### [WHAT IS EXPECTED]
Begin at the line containing "take-append zero [] ys = refl" in the entries below and end at the line containing "pub written : rc.written"; transcribe that range exactly and nothing outside it.

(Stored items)
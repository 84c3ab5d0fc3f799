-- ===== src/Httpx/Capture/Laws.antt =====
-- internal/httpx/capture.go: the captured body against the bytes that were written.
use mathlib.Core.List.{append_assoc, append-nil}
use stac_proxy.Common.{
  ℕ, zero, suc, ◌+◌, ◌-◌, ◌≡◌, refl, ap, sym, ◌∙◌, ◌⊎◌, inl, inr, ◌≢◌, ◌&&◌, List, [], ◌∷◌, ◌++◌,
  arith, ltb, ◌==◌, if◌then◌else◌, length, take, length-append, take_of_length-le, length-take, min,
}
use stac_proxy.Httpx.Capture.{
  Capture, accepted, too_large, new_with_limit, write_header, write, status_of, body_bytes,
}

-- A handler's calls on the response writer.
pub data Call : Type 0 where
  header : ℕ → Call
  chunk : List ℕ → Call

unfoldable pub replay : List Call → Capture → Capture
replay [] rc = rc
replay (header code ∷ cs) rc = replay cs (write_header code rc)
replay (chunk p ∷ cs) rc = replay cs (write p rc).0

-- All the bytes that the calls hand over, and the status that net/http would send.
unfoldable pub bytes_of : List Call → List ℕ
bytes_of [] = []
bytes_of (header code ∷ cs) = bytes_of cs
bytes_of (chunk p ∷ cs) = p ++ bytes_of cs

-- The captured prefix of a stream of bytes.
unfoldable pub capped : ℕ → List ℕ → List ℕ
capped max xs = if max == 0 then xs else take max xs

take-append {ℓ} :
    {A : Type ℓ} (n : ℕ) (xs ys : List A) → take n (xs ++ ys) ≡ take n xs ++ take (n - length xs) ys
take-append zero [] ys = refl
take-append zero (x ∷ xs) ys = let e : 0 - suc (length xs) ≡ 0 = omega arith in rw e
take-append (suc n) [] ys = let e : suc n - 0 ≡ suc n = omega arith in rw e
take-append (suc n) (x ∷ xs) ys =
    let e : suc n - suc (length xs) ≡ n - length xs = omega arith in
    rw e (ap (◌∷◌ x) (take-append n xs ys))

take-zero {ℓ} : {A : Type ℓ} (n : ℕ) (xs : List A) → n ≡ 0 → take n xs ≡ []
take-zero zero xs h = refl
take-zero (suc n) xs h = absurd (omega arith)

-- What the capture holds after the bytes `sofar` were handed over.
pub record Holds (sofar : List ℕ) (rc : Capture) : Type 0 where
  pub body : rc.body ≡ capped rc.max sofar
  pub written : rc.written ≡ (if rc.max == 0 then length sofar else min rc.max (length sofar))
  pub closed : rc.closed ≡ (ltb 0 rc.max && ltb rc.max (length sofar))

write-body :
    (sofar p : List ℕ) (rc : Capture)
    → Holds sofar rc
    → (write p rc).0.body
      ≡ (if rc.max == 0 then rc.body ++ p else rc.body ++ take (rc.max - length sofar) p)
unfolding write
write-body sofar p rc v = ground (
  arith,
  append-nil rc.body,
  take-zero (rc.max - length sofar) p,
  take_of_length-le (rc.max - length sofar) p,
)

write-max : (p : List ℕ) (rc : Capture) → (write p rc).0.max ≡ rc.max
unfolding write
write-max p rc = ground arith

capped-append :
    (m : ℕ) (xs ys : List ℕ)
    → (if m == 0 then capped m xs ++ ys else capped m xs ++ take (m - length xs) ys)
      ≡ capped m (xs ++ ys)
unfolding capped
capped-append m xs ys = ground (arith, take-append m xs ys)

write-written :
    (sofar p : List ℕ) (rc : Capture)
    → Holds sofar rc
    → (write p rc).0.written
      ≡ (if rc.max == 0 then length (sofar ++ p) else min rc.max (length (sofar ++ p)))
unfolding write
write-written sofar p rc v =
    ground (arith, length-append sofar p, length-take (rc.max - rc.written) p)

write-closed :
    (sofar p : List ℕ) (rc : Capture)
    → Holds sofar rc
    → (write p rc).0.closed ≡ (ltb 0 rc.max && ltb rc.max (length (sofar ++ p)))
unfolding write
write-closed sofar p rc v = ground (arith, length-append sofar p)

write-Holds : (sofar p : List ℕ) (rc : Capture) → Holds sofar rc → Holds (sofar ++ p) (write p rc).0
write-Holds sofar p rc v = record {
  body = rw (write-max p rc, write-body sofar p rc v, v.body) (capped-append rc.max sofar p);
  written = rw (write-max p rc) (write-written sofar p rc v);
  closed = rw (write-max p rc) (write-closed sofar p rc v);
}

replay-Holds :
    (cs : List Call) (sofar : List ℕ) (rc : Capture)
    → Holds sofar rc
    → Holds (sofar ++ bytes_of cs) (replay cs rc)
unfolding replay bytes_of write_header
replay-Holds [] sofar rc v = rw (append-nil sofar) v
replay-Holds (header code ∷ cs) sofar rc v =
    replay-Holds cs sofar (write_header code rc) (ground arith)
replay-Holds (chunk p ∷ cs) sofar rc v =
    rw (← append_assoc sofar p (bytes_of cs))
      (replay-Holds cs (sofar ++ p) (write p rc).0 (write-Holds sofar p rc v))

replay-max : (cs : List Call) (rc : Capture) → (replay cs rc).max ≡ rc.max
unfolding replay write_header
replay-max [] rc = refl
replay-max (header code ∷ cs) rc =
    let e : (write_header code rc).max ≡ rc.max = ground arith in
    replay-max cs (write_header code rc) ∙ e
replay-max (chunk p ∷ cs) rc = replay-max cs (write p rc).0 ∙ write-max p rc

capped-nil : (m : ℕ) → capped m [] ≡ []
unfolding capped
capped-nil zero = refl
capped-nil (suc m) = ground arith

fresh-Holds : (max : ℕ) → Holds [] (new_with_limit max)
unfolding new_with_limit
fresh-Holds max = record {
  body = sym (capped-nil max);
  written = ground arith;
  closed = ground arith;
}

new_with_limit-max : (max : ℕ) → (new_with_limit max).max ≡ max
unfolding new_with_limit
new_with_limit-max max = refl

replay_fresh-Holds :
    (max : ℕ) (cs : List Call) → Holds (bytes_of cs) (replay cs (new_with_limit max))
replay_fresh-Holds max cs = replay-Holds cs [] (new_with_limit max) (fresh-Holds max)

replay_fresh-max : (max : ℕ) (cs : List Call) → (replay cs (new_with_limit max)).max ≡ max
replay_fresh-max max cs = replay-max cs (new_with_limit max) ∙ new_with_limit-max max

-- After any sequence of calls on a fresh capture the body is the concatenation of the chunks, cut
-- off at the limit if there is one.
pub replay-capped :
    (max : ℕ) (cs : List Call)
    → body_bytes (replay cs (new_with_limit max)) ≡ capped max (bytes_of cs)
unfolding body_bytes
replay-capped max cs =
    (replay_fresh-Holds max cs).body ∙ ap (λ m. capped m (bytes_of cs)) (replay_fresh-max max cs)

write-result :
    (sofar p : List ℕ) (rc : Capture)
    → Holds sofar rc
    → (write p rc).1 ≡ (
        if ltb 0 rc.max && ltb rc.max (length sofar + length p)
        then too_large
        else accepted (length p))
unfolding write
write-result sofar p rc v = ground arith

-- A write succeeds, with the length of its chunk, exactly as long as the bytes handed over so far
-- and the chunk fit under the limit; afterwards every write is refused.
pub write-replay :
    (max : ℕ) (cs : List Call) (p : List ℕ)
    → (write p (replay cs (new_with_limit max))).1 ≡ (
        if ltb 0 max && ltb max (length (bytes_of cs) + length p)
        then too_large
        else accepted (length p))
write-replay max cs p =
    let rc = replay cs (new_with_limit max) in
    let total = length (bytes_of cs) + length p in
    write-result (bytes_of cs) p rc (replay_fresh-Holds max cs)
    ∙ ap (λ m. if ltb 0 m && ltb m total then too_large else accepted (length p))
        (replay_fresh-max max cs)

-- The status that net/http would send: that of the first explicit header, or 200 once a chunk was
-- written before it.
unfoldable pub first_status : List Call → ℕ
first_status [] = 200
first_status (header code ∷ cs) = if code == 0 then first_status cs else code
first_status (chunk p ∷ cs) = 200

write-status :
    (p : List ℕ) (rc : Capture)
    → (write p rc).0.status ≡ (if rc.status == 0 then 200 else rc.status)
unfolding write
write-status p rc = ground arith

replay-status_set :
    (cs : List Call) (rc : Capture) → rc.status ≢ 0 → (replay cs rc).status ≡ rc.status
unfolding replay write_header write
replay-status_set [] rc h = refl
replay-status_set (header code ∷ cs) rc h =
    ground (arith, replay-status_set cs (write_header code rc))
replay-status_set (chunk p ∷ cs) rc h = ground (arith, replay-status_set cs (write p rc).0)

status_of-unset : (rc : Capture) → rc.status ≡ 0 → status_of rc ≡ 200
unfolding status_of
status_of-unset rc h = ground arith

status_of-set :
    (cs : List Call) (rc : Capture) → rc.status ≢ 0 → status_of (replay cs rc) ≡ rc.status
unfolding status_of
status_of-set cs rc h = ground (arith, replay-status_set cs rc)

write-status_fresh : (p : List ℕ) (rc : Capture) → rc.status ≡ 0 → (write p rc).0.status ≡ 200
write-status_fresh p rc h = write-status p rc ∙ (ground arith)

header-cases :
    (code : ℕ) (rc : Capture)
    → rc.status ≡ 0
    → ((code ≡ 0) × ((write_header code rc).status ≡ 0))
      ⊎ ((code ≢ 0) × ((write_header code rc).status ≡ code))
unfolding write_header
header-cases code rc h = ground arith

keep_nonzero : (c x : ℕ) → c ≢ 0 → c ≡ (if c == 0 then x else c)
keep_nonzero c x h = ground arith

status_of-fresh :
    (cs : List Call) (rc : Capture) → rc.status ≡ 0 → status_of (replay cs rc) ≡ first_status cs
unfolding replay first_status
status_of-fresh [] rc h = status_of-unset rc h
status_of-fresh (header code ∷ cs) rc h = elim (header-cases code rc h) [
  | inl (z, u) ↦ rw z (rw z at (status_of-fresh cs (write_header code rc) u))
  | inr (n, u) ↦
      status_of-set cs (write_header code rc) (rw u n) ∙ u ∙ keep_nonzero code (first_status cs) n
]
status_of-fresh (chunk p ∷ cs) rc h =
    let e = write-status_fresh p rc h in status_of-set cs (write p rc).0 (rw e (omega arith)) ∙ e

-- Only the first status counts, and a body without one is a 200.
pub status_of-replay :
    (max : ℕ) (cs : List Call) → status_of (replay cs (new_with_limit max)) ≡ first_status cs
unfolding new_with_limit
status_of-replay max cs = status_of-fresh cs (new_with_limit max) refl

### [OUTPUT FOR THIS EXERCISE]
take-append zero [] ys = refl
take-append zero (x ∷ xs) ys = let e : 0 - suc (length xs) ≡ 0 = omega arith in rw e
take-append (suc n) [] ys = let e : suc n - 0 ≡ suc n = omega arith in rw e
take-append (suc n) (x ∷ xs) ys =
    let e : suc n - suc (length xs) ≡ n - length xs = omega arith in
    rw e (ap (◌∷◌ x) (take-append n xs ys))

take-zero {ℓ} : {A : Type ℓ} (n : ℕ) (xs : List A) → n ≡ 0 → take n xs ≡ []
take-zero zero xs h = refl
take-zero (suc n) xs h = absurd (omega arith)

-- What the capture holds after the bytes `sofar` were handed over.
pub record Holds (sofar : List ℕ) (rc : Capture) : Type 0 where
  pub body : rc.body ≡ capped rc.max sofar
  pub written : rc.written ≡ (if rc.max == 0 then length sofar else min rc.max (length sofar))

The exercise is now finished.